** Goal of the exercise **
Take the records below and write them out again exactly.

** Exercise input **
::::

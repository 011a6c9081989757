-- ===== src/Munmap/Calls.antt =====
-- What a call of sys_munmap does, on each of its paths.
use osp.Prelude.{
  ℕ, ◌+◌, ◌-◌, ◌/◌, ◌%◌, ◌^◌, ◌≤◌, ◌<◌, ◌≡◌, true, false, some, arith, ltb, ◌==◌, if◌then◌else◌,
  ◌∙◌,
}
use osp.Mmu.{pgsize}
use osp.Proc.{MemMapping, Proc}
use osp.Mmap.{minus_one}
use osp.Munmap.{
  Files, is_file_shared, covers, remove_mapping, backing_inode, unmap_first, sys_munmap,
}
use osp.Munmap.Loop.{rounds, unmap_loop-rounds, rounds_private}
use osp.Munmap.Shift.{remove_mapping-at}

-- Pages that a range of `length` bytes takes.
abbrev pub page_count : ℕ → ℕ
page_count length = (length + pgsize - 1) / pgsize

module _ {S : Type 0} (fs : Files S) (addr length : ℕ) (mem : ℕ → ℕ) (p : Proc) (s : S) where
  abbrev head : MemMapping
  head = p.memory_mappings 0

  sys_munmap-covered :
      0 < p.num_mappings
      → covers addr length head ≡ true
      → sys_munmap fs (some (addr, length)) mem p s ≡ unmap_first fs addr length mem p s
  unfolding sys_munmap
  sys_munmap-covered pos c = let live : (p.num_mappings == 0) ≡ false = ground arith in rw (live, c)

  -- The first mapping is unmapped by its rounds, for as long as no `uint` sum wraps.
  unmap_first-rounds :
      (ip : ℕ)
      → addr + length + pgsize ≤ 2 ^ 32
      → backing_inode fs head p s ≡ some ip
      → unmap_first fs addr length mem p s ≡ (
          let (failed, s') = rounds fs mem p.pgdir head ip (page_count length) addr s in
          some (if failed then (minus_one, p, s') else (0, remove_mapping 0 p, s')))
  unfolding unmap_first
  unmap_first-rounds ip small e =
      let whole : (addr + length) % 2 ^ 32 ≡ addr + length = omega arith in
      rw (e, whole)
        (rw (
          unmap_loop-rounds fs mem p.pgdir head ip (page_count length) (length / pgsize + 2) addr
            (addr + length) s (omega arith) small (omega arith) (omega arith)))

  backing_private : is_file_shared head ≡ false → backing_inode fs head p s ≡ some 0
  unfolding backing_inode
  backing_private h = rw h

  -- A request inside the first mapping, which is private or anonymous: the result is 0, that mapping
  -- is gone as a whole, also where the request is a part of it, and the file layer is not touched.
  pub munmap_private :
      0 < p.num_mappings
      → covers addr length head ≡ true
      → is_file_shared head ≡ false
      → addr + length + pgsize ≤ 2 ^ 32
      → sys_munmap fs (some (addr, length)) mem p s ≡ some (0, remove_mapping 0 p, s)
  munmap_private pos c h small =
      sys_munmap-covered pos c
      ∙ unmap_first-rounds 0 small (backing_private h)
      ∙ rw (rounds_private fs mem p.pgdir head 0 h (page_count length) addr s)

  -- A request outside the first mapping: the result is -1, and yet the first mapping is lost. The
  -- others move down by one, whether or not one of them is the one that the caller means.
  pub munmap_elsewhere :
      0 < p.num_mappings
      → covers addr length head ≡ false
      → (p' : Proc) × (sys_munmap fs (some (addr, length)) mem p s ≡ some (minus_one, p', s))
        × (p'.num_mappings + 1 ≡ p.num_mappings)
        × ((i : ℕ) → i < p'.num_mappings → p'.memory_mappings i ≡ p.memory_mappings (i + 1))
  unfolding sys_munmap remove_mapping
  munmap_elsewhere pos c = (
    remove_mapping 0 p,
    (let live : (p.num_mappings == 0) ≡ false = ground arith in rw (live, c)),
    omega arith,
    λ i lt. let up : ltb i 0 ≡ false = ground arith in remove_mapping-at 0 i p pos lt ∙ rw up,
  )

::::

** Answer below **
repository 011a6c9081989757
-- ===== src/Munmap/Calls.antt =====
-- What a call of sys_munmap does, on each of its paths.
use osp.Prelude.{
  ℕ, ◌+◌, ◌-◌, ◌/◌, ◌%◌, ◌^◌, ◌≤◌, ◌<◌, ◌≡◌, true, false, some, arith, ltb, ◌==◌, if◌then◌else◌,
  ◌∙◌,
}
use osp.Mmu.{pgsize}
use osp.Proc.{MemMapping, Proc}
use osp.Mmap.{minus_one}
use osp.Munmap.{
  Files, is_file_shared, covers, remove_mapping, backing_inode, unmap_first, sys_munmap,
}
use osp.Munmap.Loop.{rounds, unmap_loop-rounds, rounds_private}
use osp.Munmap.Shift.{remove_mapping-at}

-- Pages that a range of `length` bytes takes.
abbrev pub page_count : ℕ → ℕ
page_count length = (length + pgsize - 1) / pgsize

module _ {S : Type 0} (fs : Files S) (addr length : ℕ) (mem : ℕ → ℕ) (p : Proc) (s : S) where
  abbrev head : MemMapping
  head = p.memory_mappings 0

  sys_munmap-covered :
      0 < p.num_mappings
      → covers addr length head ≡ true
      → sys_munmap fs (some (addr, length)) mem p s ≡ unmap_first fs addr length mem p s
  unfolding sys_munmap
  sys_munmap-covered pos c = let live : (p.num_mappings == 0) ≡ false = ground arith in rw (live, c)

  -- The first mapping is unmapped by its rounds, for as long as no `uint` sum wraps.
  unmap_first-rounds :
      (ip : ℕ)
      → addr + length + pgsize ≤ 2 ^ 32
      → backing_inode fs head p s ≡ some ip
      → unmap_first fs addr length mem p s ≡ (
          let (failed, s') = rounds fs mem p.pgdir head ip (page_count length) addr s in
          some (if failed then (minus_one, p, s') else (0, remove_mapping 0 p, s')))
  unfolding unmap_first
  unmap_first-rounds ip small e =
      let whole : (addr + length) % 2 ^ 32 ≡ addr + length = omega arith in
      rw (e, whole)
        (rw (
          unmap_loop-rounds fs mem p.pgdir head ip (page_count length) (length / pgsize + 2) addr
            (addr + length) s (omega arith) small (omega arith) (omega arith)))

  backing_private : is_file_shared head ≡ false → backing_inode fs head p s ≡ some 0
  unfolding backing_inode
  backing_private h = rw h

  -- A request inside the first mapping, which is private or anonymous: the result is 0, that mapping
  -- is gone as a whole, also where the request is a part of it, and the file layer is not touched.
  pub munmap_private :
      0 < p.num_mappings
      → covers addr length head ≡ true
      → is_file_shared head ≡ false
      → addr + length + pgsize ≤ 2 ^ 32
      → sys_munmap fs (some (addr, length)) mem p s ≡ some (0, remove_mapping 0 p, s)
  munmap_private pos c h small =
      sys_munmap-covered pos c
      ∙ unmap_first-rounds 0 small (backing_private h)
      ∙ rw (rounds_private fs mem p.pgdir head 0 h (page_count length) addr s)

  -- A request outside the first mapping: the result is -1, and yet the first mapping is lost. The
  -- others move down by one, whether or not one of them is the one that the caller means.
  pub munmap_elsewhere :
      0 < p.num_mappings
      → covers addr length head ≡ false
      → (p' : Proc) × (sys_munmap fs (some (addr, length)) mem p s ≡ some (minus_one, p', s))
        × (p'.num_mappings + 1 ≡ p.num_mappings)
        × ((i : ℕ) → i < p'.num_mappings → p'.memory_mappings i ≡ p.memory_mappings (i + 1))
  unfolding sys_munmap remove_mapping
  munmap_elsewhere pos c = (
    remove_mapping 0 p,
    (let live : (p.num_mappings == 0) ≡ false = ground arith in rw (live, c)),
    omega arith,
    λ i lt. let up : ltb i 0 ≡ false = ground arith in remove_mapping-at 0 i p pos lt ∙ rw up,
  )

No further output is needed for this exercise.